Volume 16 - 2025 | doi: 10.3389/fpsyt.2025.1595197

This article is part of the Research TopicNatural Language Processing and Artificial Intelligence tools to explore the relationship between language and schizophrenia from diagnosis to careView all 4 articles

Deeper insight into speech characteristics of patients at Ultra-high risk using classification and explainability models

Provisionally accepted
Deok-Hee  Kim-DuforDeok-Hee Kim-Dufor1*Michel  WalterMichel Walter2Philippe  LencaPhilippe Lenca3Christophe  LemeyChristophe Lemey2,4
  • 1Limics, Sorbonne Université, Université Sorbonne Paris-Nord, INSERM, Paris, France
  • 2URCI, Department of Psychiatry, CHU de Brest, Brest, France
  • 3LUSSI, IMT Atlantique, Brest, Brittany, France
  • 4CEVUP, Department of Psychiatry, CHU de Brest, Brest, France

The final, formatted version of the article will be published soon.
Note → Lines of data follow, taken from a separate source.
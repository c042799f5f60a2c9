-- ===== src/Deck/Bounds.antt =====
-- How much one message of the crew makes the ship deck (src/server/Shipdeck.cpp) keep
-- and send.
use pirate_servers.Base.{
  subst, sym, ◌∙◌, ◌≢◌, ℕ, ◌+◌, ◌≤◌, String, ◌≡◌, List, [], ◌∷◌, length, arith, if◌then◌else◌,
}
use pirate_servers.Base.Map.{
  length-insert, length_with, length_with-insert, length_with-touch, Map, contains, insert, touch,
}
use pirate_servers.Base.Outcome.{ok}
use pirate_servers.Wire.{Message, frame}
use pirate_servers.Defines.{
  ClientId, CabinId, ServerId, CabinInfo, no_client, set_cabin_id, set_offline, set_crew_id,
  set_server_id, client_info,
}
use pirate_servers.Deck.{Deck, Sent, to_cabins, client_at, touch_client, touch_name, cabin_named}
use pirate_servers.Deck.Move.{change_player_cabins, enter_cabin, modify_client}
use pirate_servers.Deck.Crew.{
  leave, join, show, ping, showall, quit, login, handle_crewmate_input,
  handle_crewmate_input_command, handle_crewmate_input_text,
}
use pirate_servers.Deck.Keeps.{Gives, keeps_rules}
use pirate_servers.Deck.Change.{Change, refused, moved, sent_away, change_player_cabins-Change}
use pirate_servers.Deck.Known.{KnownIf}
use pirate_servers.Deck.Known.Crew.{crew-Steady}
use pirate_servers.Deck.Count.Moves.{client_map-leave_cabin}

-- The clients are at most those before and the one of the message, the messages at most so many.
abbrev pub Within : ClientId → ℕ → Deck → Deck → List Sent → Type 0
Within crew_id n d d' out =
    (length d'.client_map ≤ length_with crew_id d.client_map) × (length out ≤ n)

module _ (crew_id : ClientId) where
  Change-Within :
      (cab_id : CabinId) (d : Deck) (r : Deck × List Sent)
      → Change crew_id cab_id d r
      → Within crew_id 2 d r.0 r.1
  unfolding enter_cabin
  Change-Within cab_id d r (refused online e) =
      rw e (ground (arith, length_with-touch crew_id no_client d.client_map))
  Change-Within cab_id d r (sent_away offline e) =
      rw (e, client_map-leave_cabin (client_at crew_id d).curr_cabin (touch_client crew_id d))
        (ground (arith, length_with-touch crew_id no_client d.client_map))
  Change-Within cab_id d r (moved online e) =
      rw (e, client_map-leave_cabin (client_at crew_id d).curr_cabin (touch_client crew_id d))
        (ground (
          arith,
          length-insert crew_id (set_cabin_id cab_id (client_at crew_id (touch_client crew_id d)))
              (touch crew_id no_client d.client_map),
          length_with-touch crew_id no_client d.client_map,
        ))

  change-Within :
      (cab_id : CabinId) (d : Deck)
      → let r = change_player_cabins crew_id cab_id d in Within crew_id 2 d r.0 r.1
  change-Within cab_id d = Change-Within cab_id d _ (change_player_cabins-Change crew_id cab_id d)

  module _ (d : Deck) where
    touch-Within : length (touch_client crew_id d).client_map ≤ length_with crew_id d.client_map
    touch-Within = ground (arith, length_with-touch crew_id no_client d.client_map)

    leave-Within : let r = leave crew_id d in Within crew_id 3 d r.0 r.1
    unfolding leave
    leave-Within = ground (
      arith,
      touch-Within,
      length_with-touch crew_id no_client d.client_map,
      change-Within (cabin_named d.default_cabin d)
          (touch_client crew_id (touch_name d.default_cabin d)),
    )

    join-Within : (name : String) → let r = join crew_id name d in Within crew_id 3 d r.0 r.1
    unfolding join
    join-Within name = ground (
      arith,
      touch-Within,
      length_with-touch crew_id no_client d.client_map,
      change-Within (cabin_named name d) (touch_client crew_id (touch_name name d)),
    )

    show-Within : (s_id : ServerId) → let r = show s_id crew_id d in Within crew_id 3 d r.0 r.1
    unfolding show
    show-Within s_id = ground (arith, touch-Within)

    quit-Within : let r = quit crew_id d in Within crew_id 3 d r.0 r.1
    unfolding quit
    quit-Within = ground (
      arith,
      length_with-insert crew_id (set_offline (client_at crew_id d)) d.client_map,
      change-Within "" (modify_client crew_id set_offline d),
    )

    ping-Within : (s_id : ServerId) → let r = ping s_id crew_id d in Within crew_id 3 d r.0 r.1
    unfolding ping
    ping-Within s_id = ground arith

    module _ (visit : Map CabinInfo → Map CabinInfo) where
      showall-Within :
          (s_id : ServerId) → let r = showall visit s_id crew_id d in Within crew_id 3 d r.0 r.1
      unfolding showall
      showall-Within s_id = ground arith

      login-Within :
          (s_id : ServerId) (username password : String)
          → let r = login visit s_id crew_id username password d in Within crew_id 3 d r.0 r.1
      unfolding login
      login-Within s_id username password =
          let client = set_crew_id crew_id (set_server_id s_id (client_info username password)) in
          let known = record d {
            client_map = insert crew_id client d.client_map;
            crew_name_to_id = insert username crew_id d.crew_name_to_id;
          } in
          ground (
            arith,
            length_with-insert crew_id client d.client_map,
            change-Within (cabin_named d.default_cabin d) (touch_name d.default_cabin known),
          )

      text-Within :
          (text : Message) → Within crew_id 3 d (touch_client crew_id d) (to_cabins text ∷ [])
      text-Within text = ground (arith, touch-Within)

      nothing-Within : Within crew_id 3 d d []
      nothing-Within = ground arith

-- The bounds of the client that a message names as its sender.
abbrev Bounded : Message → Deck → Deck → List Sent → Type 0
Bounded input d d' out =
    (crew_id : ClientId) → frame input 1 ≡ ok crew_id → Within crew_id 3 d d' out

same_sender :
    (input : Message) (sender crew_id : ClientId)
    → frame input 1 ≡ ok sender
    → frame input 1 ≡ ok crew_id
    → sender ≡ crew_id
same_sender input sender crew_id e e' = cc

Within-Bounded :
    (input : Message) (d d' : Deck) (out : List Sent) (sender : ClientId)
    → frame input 1 ≡ ok sender
    → Within sender 3 d d' out
    → Bounded input d d' out
Within-Bounded input d d' out sender e h crew_id e' =
    subst (λ k. Within k 3 d d' out) (same_sender input sender crew_id e e') h

module _ (visit : Map CabinInfo → Map CabinInfo) where
  ruleset within_rules = (
    keeps_rules, Within-Bounded, leave-Within, join-Within, show-Within, quit-Within,
    showall-Within, ping-Within, login-Within, text-Within, nothing-Within,
  )

  handle_crewmate_input_command-Bounded :
      (input : Message) (d : Deck)
      → Gives (Bounded input d) (handle_crewmate_input_command visit input d)
  unfolding handle_crewmate_input_command
  handle_crewmate_input_command-Bounded input d = search within_rules depth 30 fits 5000

  handle_crewmate_input-Bounded :
      (input : Message) (d : Deck) → Gives (Bounded input d) (handle_crewmate_input visit input d)
  unfolding handle_crewmate_input handle_crewmate_input_text
  handle_crewmate_input-Bounded input d =
      search (within_rules, handle_crewmate_input_command-Bounded) depth 30 fits 5000

  -- A message of the crew makes the ship deck send at most three messages, and makes the map of the
  -- clients grow by at most one entry, and only if the client whom the message names was not there.
  -- Whether the deck has an entry for any other client is as before, so that the new entry is that
  -- of the client whom the message names.
  pub crew_input_bounded :
      (input : Message) (crew_id other : ClientId) (d d' : Deck) (out : List Sent)
      → other ≢ crew_id
      → frame input 1 ≡ ok crew_id
      → handle_crewmate_input visit input d ≡ ok (d', out)
      → (length d'.client_map ≤ (
          if contains crew_id d.client_map then length d.client_map else length d.client_map + 1))
        × (length out ≤ 3)
        × (contains other d'.client_map ≡ contains other d.client_map)
  crew_input_bounded input crew_id other d d' out differs named e =
      let (clients, messages) = (handle_crewmate_input-Bounded input d).at d' out e crew_id named in
      let others : (sender : ClientId) → frame input 1 ≡ ok sender → KnownIf other sender d =
        λ sender at same. absurd (differs (sym same ∙ same_sender input sender crew_id at named)) in
      (clients, messages, ((crew-Steady other d input others visit).at d' out e).keys)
Peculiar use of language and even language deficits are one of the well-known signs of schizophrenia. Different language features analyzed using natural language processing and machine learning have been reported to differentiate patients at ultra-high risk for psychosis. However, it has not always been explained how and to what extent those linguistic markers allow distinguishing patients. This study aims to find relevant linguistic markers for classifying patients at ultra-high risk and explain how the detected markers contribute to the classification. The first consultations with a psychiatrist of 68 patients (15 Not-At-Risk patients, 45 At-Risk patients, and 8 patients with First Episode Psychosis) were recorded, transcribed verbatim, and annotated for analyses using natural language processing. A gradient-boosted decision tree algorithm was tested to evaluate its potential to correctly classify three categories of patients and find relevant linguistic markers at the level of lexical richness, semantic coherence, speech disfluency, and syntactic complexity. The Synthetic Minority Oversampling Technique was used to handle imbalanced data, and the SHapley Additive exPlanations values were computed to measure feature importance and each feature's contributions to the classification. The model yielded good performance, that is, 0.82 accuracy, 0.82 F2-score, 0.85 precision, 0.82 recall, and 0.86 ROC-AUC score, with four linguistic variables that concern weak coherence, the use of "I", and filled pauses. Weak coherence seems to play a key role in classification. No significant differences in the use of "I" and filled pauses were found between groups using a statistical test, but an explainability model showed its different contributions. The contribution of each linguistic feature to the classification by patient group provided deeper insight into linguistic manifestations of each patient group and their subtle differences, which could help better analyze and understand patients' language behaviors.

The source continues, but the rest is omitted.